Our deputation to Lambeth Council; this is what we said:

After handing in a petition with over 13,000 signatures - and still counting - on Wed 18th November 2015 7pm at Elmwood School, Tulse Hill, London:
“We’re here again bringing our deputation to you, because no one is coming to us. Since 2013 senior members and officers have met and received presentations from people promoting the Garden Bridge, but not once in nearly 3 years has anyone from Lambeth come and listened or explained why the executive of this council has surreptitiously supported this vanity project, or held themselves accountable for that decision. There has been an abdication of responsibility.

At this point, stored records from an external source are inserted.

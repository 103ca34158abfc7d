-- ===== src/Lib.antt =====
-- bristlemouth_rs: the protocol logic of a Bristlemouth node, from the crate bm-wire.
--
-- The program has a crate for the wire formats and the protocol state of a node, bm-wire, which does
-- no input or output: a runtime (bm-stack) hands it frames and the time and sends what it asks for.
-- What is modelled here is the state that bm-wire keeps.
--
-- Neighbor: bm-wire/src/neighbor.rs. A heartbeat from the network goes through `on_heartbeat`, and
-- `check` is called with the time to find the neighbours that went silent. Invariant, Lookup,
-- Capacity and Liveness hold what is proved of the two.
--
-- Dfu: the firmware update. Dfu.Message is bm-wire/src/bcmp/dfu.rs, the messages; the rest is
-- bm-wire/src/bcmp/dfu_core.rs: Dfu.Event the states, events and errors, Dfu.Queue the ring of
-- waiting events, Dfu.Core the data that the client and the host work on with the timers,
-- Dfu.Machine the state machine, Dfu.Client and its children the client of
-- bm-wire/src/bcmp/dfu_client.rs, Dfu.Host the host of dfu_host.rs in the same folder with its
-- stream buffer in Dfu.Stream. A message from the network becomes an event of the queue by
-- `on_message`, a timer does by `advance_to`, a local request by `initiate_update`; `step` takes one
-- event and runs it.
--
-- Pubsub: bm-wire/src/pubsub.rs, the publications and the table of subscriptions. The topics are
-- matched by `bm_wildcard_match` of bm-wire/src/util.rs, in Util.Wildcard.
--
-- Service: bm-wire/src/service/table.rs, the table of services that a request, which comes as a
-- publication, is looked up in, and the headers of requests and replies.
--
-- L2: bm-wire/src/l2.rs, which stamps the port that a frame leaves on into the frame, with the
-- checksum kept in step, and takes the stamp off again.
--
-- Util: the functions of bm-wire/src/util.rs that these use. Common: lists, byte strings and
-- results, with bm-wire/src/le.rs in Common.Bytes.
--
-- Correspondence. A struct is a record and an enum a data type with the source's fields and
-- variants. An array of which only the first `len` elements are ever read is the list of those, and
-- its length a field; the ring of Dfu.Queue keeps its slots. Integers are natural numbers: u32
-- arithmetic is written out modulo 2 ^ 32, and `as i32` as a test against 2 ^ 31. A method on `&mut
-- self` takes the value and returns it beside the result. A byte string is a list of numbers.
--
-- The loop of `fire_due` runs on fuel, three rounds for three timers, and a theorem says that these
-- always suffice. The loop of `bm_wildcard_match` runs on fuel taken from the two lengths, and a
-- theorem says that it ends within it.
--
-- The traits `Roles` and `Effects` are parameters of the machine: records of functions on the
-- machine and on the state of its surroundings. Of the roles some theorems assume that they do not
-- write the field `state`, which is private to dfu_core.rs; the client alone and the client with the
-- host fill the record. A method of these with the core and the effects at hand is a function on the
-- record `Dfu` of Dfu.Machine, which holds the three. Of the flash, `StoresWrites`, `ReadsSlot` and
-- `WritesSucceed` say what is relied on. The client's two accesses to the configuration store are
-- fields of `Effects`.
--
-- The transfer is related to the list of the bytes received: Dfu.Client.Transfer has the relation,
-- its children the steps, up to the event of the whole machine. Crc is bm-wire/src/crc.rs;
-- Crc.Reference holds the shift register that crc16_ccitt is compared with, and Crc.Xor the laws of
-- exclusive or. Checksum is bm-wire/src/checksum.rs: its u32 wraps around, and three rounds of the
-- fold are enough for any u32; Checksum.Folding has the one's complement numbers that the folded sum
-- stands for, Checksum.Rfc2460 the layout of the RFC that the sum is compared with.
--
-- Bcmp is the header of bm-wire/src/bcmp/header.rs and `accept` of bm-wire/src/bcmp/rx.rs: it gives
-- back the frame as it leaves it, beside the outcome, in which the panic of `expect` is `none`.
-- Bcmp.Fields says what the clears of a frame leave of its fields. Bcmp.Transmit is
-- bm-wire/src/bcmp/tx.rs, Bcmp.Forward is bm-wire/src/bcmp/forward.rs; Bcmp.Framing has the frame
-- that both make, a message with its checksum behind headers, and Bcmp.Sealing what `accept` makes
-- of it. Addr is what they use of bm-wire/src/addr.rs, with the headers of bm-wire/src/frame.rs.
--
-- Registry is bm-wire/src/bcmp/registry.rs: the sequence number that a message is sent with comes
-- from `on_serialize`, and a message that `accept` takes goes through `on_received`. Registry.Sweep
-- says what becomes of each request; the loop of `sweep` runs as many rounds as there are requests,
-- which is enough, since each round passes or removes one.
--
-- Configuration is bm-wire/src/configuration.rs: a partition is the list of the bytes of its image,
-- which the operations edit at the offsets of the layout, and its values are read by the heads of
-- Configuration.Head. What the cbor2 crate writes for a head is the argument `Encoder`, and the
-- flash that an image is read from is an argument of `load_with`. Configuration.Places has the
-- offsets of the slots, Configuration.Counting what a write leaves of the size and the count,
-- Configuration.Storing and Configuration.Found what it leaves of the keys; Configuration.Sealing
-- and Configuration.Loading are about the CRC. The loop of `copy_string` runs on fuel, one round
-- more than the slot has bytes; a chunk has a byte at least, which Configuration.Chunks is about.
--
-- Not modelled: `next_deadline` of the core, which only reads; the logging and formatting of the
-- client and the host; the names of the BCMP message types; the other message codecs, the CBOR map
-- of a partition, the rest of the service layer, the firmware image crates (bm-mcuboot, bm-image),
-- the runtime and the drivers, and the crates that bind and compare the C library.
pub mod Common
pub mod Util
pub mod Crc
pub mod Checksum
pub mod Addr
pub mod Bcmp
pub mod Neighbor
pub mod Pubsub
pub mod L2
pub mod Registry
pub mod Configuration
pub mod Service
pub mod Dfu
pub mod Tests
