-- ===== src/Common/Keyed.antt =====
-- Searching, removing and replacing in a list.
use Prim.Native.Nat.{ℕ, zero, suc, ◌<◌, ◌≤◌}
use mathlib.Core.Path.{◌≡◌, refl}
use mathlib.Core.Logic.{◌≢◌, inl, inr}
use mathlib.Core.Bool.{Bool, true, false}
use mathlib.Core.List.{List, [], ◌∷◌, ◌++◌}
use mathlib.Core.Option.{Option, none, some}
use native.Mathlib.Omega.{arith}
use bristlemouth_rs.Common.Lists.{length, get_or, set}
use bristlemouth_rs.Common.Tests.{if◌then◌else◌, Bool-cases, Option-cases}

abbrev pub next_index : Option ℕ → Option ℕ
next_index none = none
next_index (some i) = some (suc i)

module _ {ℓ} {A : Type ℓ} where
  -- `iter().position(p)`.
  unfoldable pub position : (A → Bool) → List A → Option ℕ
  position p [] = none
  position p (x ∷ xs) = if p x then some 0 else next_index (position p xs)

  -- `iter().find(p)`.
  unfoldable pub find : (A → Bool) → List A → Option A
  find p [] = none
  find p (x ∷ xs) = if p x then some x else find p xs

  -- The element at `i` goes and those behind it close the gap.
  unfoldable pub remove_at : ℕ → List A → List A
  remove_at i [] = []
  remove_at zero (x ∷ xs) = xs
  remove_at (suc i) (x ∷ xs) = x ∷ remove_at i xs

  -- What a successful search found: an index in range, where the test holds.
  pub position_found :
      (p : A → Bool) (xs : List A) (i : ℕ) (d : A)
      → position p xs ≡ some i
      → (i < length xs) × (p (get_or xs i d) ≡ true)
  unfolding position
  position_found p [] i d e = cc
  position_found p (x ∷ xs) i d e = elim (Bool-cases (p x)) [
    | inl hit ↦ here i (rw hit at e) hit
    | inr miss ↦ elim (Option-cases (position p xs)) [
      | inl n ↦ cc
      | inr (j, f) ↦ there j i f (rw (miss, f) at e) (position_found p xs j d f)
    ]
  ]
    where
      here :
          (i : ℕ)
          → some 0 ≡ some i
          → p x ≡ true
          → (i < length (x ∷ xs)) × (p (get_or (x ∷ xs) i d) ≡ true)
      here zero e h = (omega arith, h)
      here (suc i) e h = ground arith

      there :
          (j i : ℕ)
          → position p xs ≡ some j
          → some (suc j) ≡ some i
          → (j < length xs) × (p (get_or xs j d) ≡ true)
          → (i < length (x ∷ xs)) × (p (get_or (x ∷ xs) i d) ≡ true)
      there j zero f e h = ground arith
      there j (suc i) f e h = ground arith

  pub length-remove_at :
      (i : ℕ) (xs : List A) → i < length xs → suc (length (remove_at i xs)) ≡ length xs
  unfolding remove_at
  length-remove_at i [] h = absurd (omega arith)
  length-remove_at zero (x ∷ xs) h = refl
  length-remove_at (suc i) (x ∷ xs) h = omega (arith, length-remove_at i xs)

  pub length-remove_at_le : (i : ℕ) (xs : List A) → length xs ≤ suc (length (remove_at i xs))
  unfolding remove_at
  length-remove_at_le i [] = omega arith
  length-remove_at_le zero (x ∷ xs) = omega arith
  length-remove_at_le (suc i) (x ∷ xs) = omega (arith, length-remove_at_le i xs)

  pub find-set_ne :
      (p : A → Bool) (xs : List A) (i : ℕ) (v d : A)
      → p v ≡ false
      → p (get_or xs i d) ≡ false
      → find p (set xs i v) ≡ find p xs
  unfolding find
  find-set_ne p [] i v d h k = refl
  find-set_ne p (x ∷ xs) zero v d h k = rw (h, k) refl
  find-set_ne p (x ∷ xs) (suc i) v d h k = rw (find-set_ne p xs i v d h k) refl

  pub find-append :
      (p : A → Bool) (xs ys : List A) → find p xs ≡ none → find p (xs ++ ys) ≡ find p ys
  unfolding find
  find-append p [] ys h = refl
  find-append p (x ∷ xs) ys h = ground (arith, find-append p xs ys)

  pub find-append_some :
      (p : A → Bool) (xs ys : List A) (a : A) → find p xs ≡ some a → find p (xs ++ ys) ≡ some a
  unfolding find
  find-append_some p [] ys a h = cc
  find-append_some p (x ∷ xs) ys a h = ground (arith, find-append_some p xs ys a)

  pub position_some→find :
      (p : A → Bool) (xs : List A) (i : ℕ) → position p xs ≡ some i → find p xs ≢ none
  unfolding position find
  position_some→find p [] i e = cc
  position_some→find p (x ∷ xs) zero e = ground (arith, Option-cases (position p xs))
  position_some→find p (x ∷ xs) (suc i) e =
      ground (arith, Option-cases (position p xs), position_some→find p xs i)

  -- `find` gives the element that `position` points at.
  pub get_or-position :
      (p : A → Bool) (xs : List A) (i : ℕ) (a d : A)
      → find p xs ≡ some a
      → position p xs ≡ some i
      → get_or xs i d ≡ a
  unfolding find position
  get_or-position p [] i a d f e = cc
  get_or-position p (x ∷ xs) zero a d f e = ground (arith, Option-cases (position p xs))
  get_or-position p (x ∷ xs) (suc i) a d f e =
      ground (arith, Option-cases (position p xs), get_or-position p xs i a d)

  -- Replacing an element that the search finds replaces what it finds.
  pub find-set-position :
      (p : A → Bool) (xs : List A) (i : ℕ) (v : A)
      → position p xs ≡ some i
      → p v ≡ true
      → find p (set xs i v) ≡ some v
  unfolding position find
  find-set-position p [] i v e h = cc
  find-set-position p (x ∷ xs) zero v e h = rw h refl
  find-set-position p (x ∷ xs) (suc i) v e h =
      ground (arith, Option-cases (position p xs), find-set-position p xs i v)

  pub position_none→find_none :
      (p : A → Bool) (xs : List A) → position p xs ≡ none → find p xs ≡ none
  unfolding position find
  position_none→find_none p [] e = refl
  position_none→find_none p (x ∷ xs) e =
      ground (arith, Option-cases (position p xs), position_none→find_none p xs)
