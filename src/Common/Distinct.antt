-- ===== src/Common/Distinct.antt =====
-- Lists whose elements are pairwise apart, and those whose keys differ.
use Prim.Native.Nat.{ℕ, zero, suc, ◌+◌, ◌<◌, ◌≤◌}
use mathlib.Core.Path.{◌≡◌, refl, sym, ap, ◌∙◌}
use mathlib.Core.Logic.{◌≢◌, inl, inr}
use mathlib.Core.Bool.{Bool, false}
use mathlib.Core.List.{List, [], ◌∷◌, ◌++◌}
use mathlib.Core.Option.{none, some}
use native.Mathlib.Omega.{arith}
use bristlemouth_rs.Common.Lists.{length, get_or, set, All}
use bristlemouth_rs.Common.Tests.{◌==◌, ==_iff, Bool-cases, Option-cases}
use bristlemouth_rs.Common.Keyed.{position, find, remove_at, length-remove_at_le}

module _ {ℓ κ} {A : Type ℓ} (P : A → Type κ) where
  pub All-remove_at : (i : ℕ) (xs : List A) → All P xs → All P (remove_at i xs)
  unfolding remove_at
  All-remove_at i [] a = tt
  All-remove_at zero (x ∷ xs) a = a.1
  All-remove_at (suc i) (x ∷ xs) a = (a.0, All-remove_at i xs a.1)

  pub All-append : (xs ys : List A) → All P xs → All P ys → All P (xs ++ ys)
  All-append [] ys a b = b
  All-append (x ∷ xs) ys a b = (a.0, All-append xs ys a.1 b)

  pub All-set : (xs : List A) (i : ℕ) (v : A) → P v → All P xs → All P (set xs i v)
  All-set [] i v h a = tt
  All-set (x ∷ xs) zero v h a = (h, a.1)
  All-set (x ∷ xs) (suc i) v h a = (a.0, All-set xs i v h a.1)

  pub All-get_or : (xs : List A) (i : ℕ) (d : A) → i < length xs → All P xs → P (get_or xs i d)
  All-get_or [] i d h a = absurd (omega arith)
  All-get_or (x ∷ xs) zero d h a = a.0
  All-get_or (x ∷ xs) (suc i) d h a = All-get_or xs i d (omega arith) a.1

  pub All-map {μ} : {Q : A → Type μ} → ((x : A) → P x → Q x) → (xs : List A) → All P xs → All Q xs
  All-map f [] a = tt
  All-map f (x ∷ xs) a = (f x a.0, All-map f xs a.1)

module _ {ℓ κ} {A : Type ℓ} (R : A → A → Type κ) where
  -- Each element is apart from every one behind it.
  abbrev pub Apart : List A → Type κ
  Apart [] = Unit {κ}
  Apart (x ∷ xs) = All (R x) xs × Apart xs

  pub Apart-remove_at : (i : ℕ) (xs : List A) → Apart xs → Apart (remove_at i xs)
  unfolding remove_at
  Apart-remove_at i [] a = tt
  Apart-remove_at zero (x ∷ xs) a = a.1
  Apart-remove_at (suc i) (x ∷ xs) a = (All-remove_at _ i xs a.0, Apart-remove_at i xs a.1)

  pub Apart-snoc : (xs : List A) (y : A) → Apart xs → All (λ x. R x y) xs → Apart (xs ++ (y ∷ []))
  Apart-snoc [] y a b = (tt, tt)
  Apart-snoc (x ∷ xs) y a b = (All-append _ xs (y ∷ []) a.0 (b.0, tt), Apart-snoc xs y a.1 b.1)

  -- An element may be replaced by one that stands to all others as it did.
  pub Apart-set :
      (xs : List A) (i : ℕ) (v d : A)
      → ((y : A) → R (get_or xs i d) y → R v y)
      → ((y : A) → R y (get_or xs i d) → R y v)
      → Apart xs
      → Apart (set xs i v)
  Apart-set [] i v d f g a = tt
  Apart-set (x ∷ xs) zero v d f g a = (All-map _ f xs a.0, a.1)
  Apart-set (x ∷ xs) (suc i) v d f g a =
      (All-set_related xs i v d (g x) a.0, Apart-set xs i v d f g a.1)
    where
      All-set_related :
          (ys : List A) (i : ℕ) (v d : A)
          → (R x (get_or ys i d) → R x v)
          → All (R x) ys
          → All (R x) (set ys i v)
      All-set_related [] i v d g b = tt
      All-set_related (y ∷ ys) zero v d g b = (g b.0, b.1)
      All-set_related (y ∷ ys) (suc i) v d g b = (b.0, All-set_related ys i v d g b.1)

module _ {ℓ} {A : Type ℓ} (key : A → ℕ) where
  -- Two elements have different keys.
  abbrev pub KeysDiffer : A → A → Type 0
  KeysDiffer x y = key x ≢ key y

  pub position-none-All :
      (k : ℕ) (xs : List A) → position (λ x. key x == k) xs ≡ none → All (λ x. key x ≢ k) xs
  unfolding position
  position-none-All k [] e = tt
  position-none-All k (x ∷ xs) e =
      ground (arith, Option-cases (position (λ y. key y == k) xs), position-none-All k xs)

  -- Once the one element with key `k` is gone, no element has it.
  pub remove_at-position :
      (k i : ℕ) (xs : List A)
      → Apart KeysDiffer xs
      → position (λ x. key x == k) xs ≡ some i
      → All (λ x. key x ≢ k) (remove_at i xs)
  unfolding position remove_at
  remove_at-position k i [] a e = tt
  remove_at-position k zero (x ∷ xs) a e = elim (Bool-cases (key x == k)) [
    | inl hit ↦ All-map _ (λ y n f. n ((==_iff (key x) k).0 hit ∙ sym f)) xs a.0
    | inr miss ↦ absurd (ground (arith, Option-cases (position (λ y. key y == k) xs)))
  ]
  remove_at-position k (suc i) (x ∷ xs) a e =
      ground (arith, Option-cases (position (λ y. key y == k) xs), remove_at-position k i xs a.1)

module _ {ℓ} {A : Type ℓ} where
  -- An element that the search finds stays found when one that fails another test for it goes.
  pub find-remove_at :
      (p q : A → Bool) (xs : List A) (i : ℕ) (a : A)
      → find p xs ≡ some a
      → q a ≡ false
      → position q xs ≡ some i
      → find p (remove_at i xs) ≡ some a
  unfolding find position remove_at
  find-remove_at p q [] i a f h e = cc
  find-remove_at p q (x ∷ xs) zero a f h e = ground (arith, Option-cases (position q xs))
  find-remove_at p q (x ∷ xs) (suc i) a f h e =
      ground (arith, Option-cases (position q xs), find-remove_at p q xs i a)

  pub set-append_length :
      (xs : List A) (y v : A) → set (xs ++ (y ∷ [])) (length xs) v ≡ xs ++ (v ∷ [])
  set-append_length [] y v = refl
  set-append_length (x ∷ xs) y v = ap (◌∷◌ x) (set-append_length xs y v)

  pub get_or-append_length : (xs : List A) (y d : A) → get_or (xs ++ (y ∷ [])) (length xs) d ≡ y
  get_or-append_length [] y d = refl
  get_or-append_length (x ∷ xs) y d = get_or-append_length xs y d

  pub find-All-false : (p : A → Bool) (xs : List A) → All (λ x. p x ≡ false) xs → find p xs ≡ none
  unfolding find
  find-All-false p [] a = refl
  find-All-false p (x ∷ xs) a = rw a.0 (find-All-false p xs a.1)

All-within {ℓ} :
    {A : Type ℓ} (key : A → ℕ) (lo n : ℕ) (xs : List A)
    → All (λ x. (lo ≤ key x) × (key x < lo + suc n)) xs
    → All (λ x. key x ≢ lo + n) xs
    → All (λ x. (lo ≤ key x) × (key x < lo + n)) xs
All-within key lo n [] a b = tt
All-within key lo n (x ∷ xs) a b = (within (key x) a.0 b.0, All-within key lo n xs a.1 b.1)
  where
    within : (k : ℕ) → (lo ≤ k) × (k < lo + suc n) → k ≢ lo + n → (lo ≤ k) × (k < lo + n)
    within k h ne = omega arith

-- In a range of `n` keys there is room for `n` elements whose keys differ.
pub length-le-keys {ℓ} :
    {A : Type ℓ} (key : A → ℕ) (lo n : ℕ) (xs : List A)
    → Apart (KeysDiffer key) xs
    → All (λ x. (lo ≤ key x) × (key x < lo + n)) xs
    → length xs ≤ n
length-le-keys key lo zero [] a b = omega arith
length-le-keys key lo zero (x ∷ xs) a b = absurd (omega (arith, b.0))
length-le-keys key lo (suc n) xs a b = elim (Option-cases (position (λ x. key x == lo + n) xs)) [
  | inl e ↦
      let h =
        length-le-keys key lo n xs a
          (All-within key lo n xs b (position-none-All key (lo + n) xs e)) in
      omega (arith, h)
  | inr (i, e) ↦ omega (
    arith,
    length-remove_at_le i xs,
    length-le-keys key lo n (remove_at i xs) (Apart-remove_at (KeysDiffer key) i xs a) (
        All-within key lo n (remove_at i xs) (All-remove_at _ i xs b)
          (remove_at-position key (lo + n) i xs a e)),
  )
]
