-- ===== src/Common/Bytes.antt =====
-- bm-wire/src/le.rs: little-endian fields in byte slices, and slices written into buffers.
use Prim.Native.Nat.{ℕ, zero, suc, ◌+◌, ◌*◌, ◌/◌, ◌%◌, ◌^◌, ◌<◌, ◌≤◌}
use mathlib.Core.Path.{◌≡◌, refl, ap}
use mathlib.Core.Logic.{inl, inr}
use mathlib.Core.List.{List, [], ◌∷◌, ◌++◌}
use native.Mathlib.Nat.{pow-suc}
use native.Mathlib.Omega.{arith}
use bristlemouth_rs.Common.Lists.{length, take, drop, All, length-append, take-append}
use bristlemouth_rs.Common.Tests.{ltb, if◌then◌else◌, le→ltb, Bool-cases}
use bristlemouth_rs.Common.Fallible.{Result, ok, err, BmWireError, truncated, ok-injective}

abbrev pub IsByte : ℕ → Type 0
IsByte b = b < 256

-- `to_le_bytes` of a number of `n` bytes.
unfoldable pub to_le_bytes : ℕ → ℕ → List ℕ
to_le_bytes zero v = []
to_le_bytes (suc n) v = (v % 256) ∷ to_le_bytes n (v / 256)

unfoldable pub from_le_bytes : List ℕ → ℕ
from_le_bytes [] = 0
from_le_bytes (b ∷ bs) = b + 256 * from_le_bytes bs

pub length-to_le_bytes : (n v : ℕ) → length (to_le_bytes n v) ≡ n
unfolding to_le_bytes
length-to_le_bytes zero v = refl
length-to_le_bytes (suc n) v = ap suc (length-to_le_bytes n (v / 256))

pub to_le_bytes-IsByte : (n v : ℕ) → All IsByte (to_le_bytes n v)
unfolding to_le_bytes
to_le_bytes-IsByte zero v = tt
to_le_bytes-IsByte (suc n) v = (omega arith, to_le_bytes-IsByte n (v / 256))

-- A number that fits is read back.
pub from_le_bytes-to_le_bytes : (n v : ℕ) → v < 256 ^ n → from_le_bytes (to_le_bytes n v) ≡ v
unfolding from_le_bytes to_le_bytes
from_le_bytes-to_le_bytes zero v h = omega arith
from_le_bytes-to_le_bytes (suc n) v h =
    omega
      (arith, pow-suc 256 n, from_le_bytes-to_le_bytes n (v / 256) (omega (arith, pow-suc 256 n)))

-- `buf[at..at + n]`; the callers check the length.
abbrev pub array_at : ℕ → List ℕ → ℕ → List ℕ
array_at n buf at = take n (drop at buf)

unfoldable pub u16_at : List ℕ → ℕ → ℕ
u16_at buf at = from_le_bytes (array_at 2 buf at)

unfoldable pub u32_at : List ℕ → ℕ → ℕ
u32_at buf at = from_le_bytes (array_at 4 buf at)

unfoldable pub u64_at : List ℕ → ℕ → ℕ
u64_at buf at = from_le_bytes (array_at 8 buf at)

-- The first `n` bytes of `buf`, or `truncated`.
unfoldable pub prefix : ℕ → List ℕ → Result BmWireError (List ℕ)
prefix n buf = if ltb (length buf) n then err truncated else ok (take n buf)

-- `buf.get_mut(..len).ok_or(Truncated)?` filled with `bytes`: what the buffer then holds.
unfoldable pub fill_prefix : List ℕ → List ℕ → Result BmWireError (List ℕ)
fill_prefix buf bytes =
    if ltb (length buf) (length bytes) then err truncated else ok (bytes ++ drop (length bytes) buf)

-- What was filled in is what a reader of as many bytes gets.
pub prefix-fill_prefix :
    (buf bytes out : List ℕ) → fill_prefix buf bytes ≡ ok out → prefix (length bytes) out ≡ ok bytes
unfolding prefix fill_prefix
prefix-fill_prefix buf bytes out e = elim (Bool-cases (ltb (length buf) (length bytes))) [
  | inl short ↦ cc
  | inr fits ↦ fits_lem out (rw fits at e)
]
  where
    fits_lem :
        (out : List ℕ)
        → ◌≡◌ {A = Result BmWireError (List ℕ)} (ok (bytes ++ drop (length bytes) buf)) (ok out)
        → (if ltb (length out) (length bytes) then err truncated else ok (take (length bytes) out))
          ≡ ok bytes
    fits_lem out e = rw (← ok-injective _ _ e) (
        rw (
          le→ltb (length (bytes ++ drop (length bytes) buf)) (length bytes)
              (omega (arith, length-append bytes (drop (length bytes) buf))),
          take-append bytes (drop (length bytes) buf),
        ))

-- Reading or writing too short a buffer is refused, and any other is not.
pub fill_prefix_ok :
    (buf bytes : List ℕ)
    → length bytes ≤ length buf
    → fill_prefix buf bytes ≡ ok (bytes ++ drop (length bytes) buf)
unfolding fill_prefix
fill_prefix_ok buf bytes h = rw (le→ltb _ _ h)

-- A slice of a known length is read off the front.
pub prefix-append : (n : ℕ) (xs ys : List ℕ) → length xs ≡ n → prefix n (xs ++ ys) ≡ ok xs
unfolding prefix
prefix-append n xs ys e = rw (← e) (
    rw (
      le→ltb (length (xs ++ ys)) (length xs) (omega (arith, length-append xs ys)),
      take-append xs ys,
    ))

Last week some of us finally met with the Leader of the council. We got 35 minutes to just begin to try and deal with problems which this council will paying for, for many decades. There are two significant things Cllr Peck has said in recent weeks which we completely agree with: the bridge is in the wrong place and is not really a transport project at all; and that public money shouldn’t be going into this.
Firstly this issue of “it isn’t in the right place” – the job of the Leader of the Council is to say just that, to tell the group of powerful and influential supporters of the bridge that Lambeth isn’t willing to support this proposal at this site. Nobody else can do that. Cllr Peck has shown in recent weeks how she can negotiate with the Mayor of London over this bridge, so why doesn’t she just say the obvious: “it isn’t in the right place so we won’t support this”?
By failing to stand up to the Mayor and the bridge’s backers, Lambeth has effectively encouraged it to proceed. Lambeth has therefore itself contributed to this mess, and the spending of many millions of pounds of public money already. This has been another scandalous abdication of responsibility.
Cllr Peck said public money shouldn’t be spent on this, and in September she finally and courageously said no, and halted negotiations on the land disposal. That was just one card Lambeth held, but it was enough to stop the whole project. Except last week Cllr Peck changed her mind again and recommenced negotiations for the sale of the green, public open space on the riverside which is needed for the bridge to proceed. Cllr Peck boldly announced that she had saved the public purse £20m of the £60m, which would now not be a grant but a ‘loan’. This is complete deception in so many ways:
The ‘loan’ is to an organisation with no assets or income stream to use as collateral, for 50 years. At 2%, the GBT would have to pay back £400K per year. They already expect £3.5m annual running costs, which they hope to meet by selling t-shirts and holding galas. This is not credible and Boris has stepped in and landed the state – TfL – with this bill, which will cost over many millions in the next few decades.
So TfL is ‘loaning’ the Garden Bridge Trust £20m; and if the GBT can’t pay, then TfL will step in a pay…itself. That is not a loan: that is a gift. It is a loan, insists Cllr Peck, it’s like a mortgage. But if you default on a mortgage the bank gets your house; if the Trust defaults on their loan, the state gets the bridge and all its associated costs. How does it save Londoners anything if we pick up the tab on a defaulted loan?
Just last week the Trust unveiled their latest wheeze, threatening to start construction before they have the private money even pledged. If you believe their figures, they are still £30m short. One £10m donor, Glencore, is close to bankruptcy and unlikely to be able to pay. So what happens when they’ve half built the bridge and run out of money? This has happened to the Tate Modern extension, which has been delayed by 3 years. You can delay the opening of an art gallery by 3 years – but you can’t leave a bridge half built across the Thames (The Garden Pier?). It’s obvious what will happen – the state will have to step in, yet again, using Londoners millions and Lambeth land.
And that’s how you can stop this. It is your land – our land, public open space created out of public funds for local residents in perpetuity, to compensate for the lack of open space in the area, free from buildings and commercialisation, held in TRUST by Lambeth Council.
You can stop this. You 63 Lambeth councillors have the power to pull the plug on this colossal vanity project, and really saving Londoners millions of pounds – not £20m, but upwards of £160m of public funds. You will not only save Londoners millions of pounds, you will save some of the most treasured and freely available views of London. You will save London from yet another open space that is privately owned and across which no-one has any right of way. You can do this by not disposing of the land to the Garden Bridge, but retaining it as green, free, truly public open space. Your executive group and your Leader will make a decision on this. Please ensure it is the one you will all be happy to be remembered by. This is a legacy issue – one of the most visually intrusive and high profile statements that this Council will ever make.”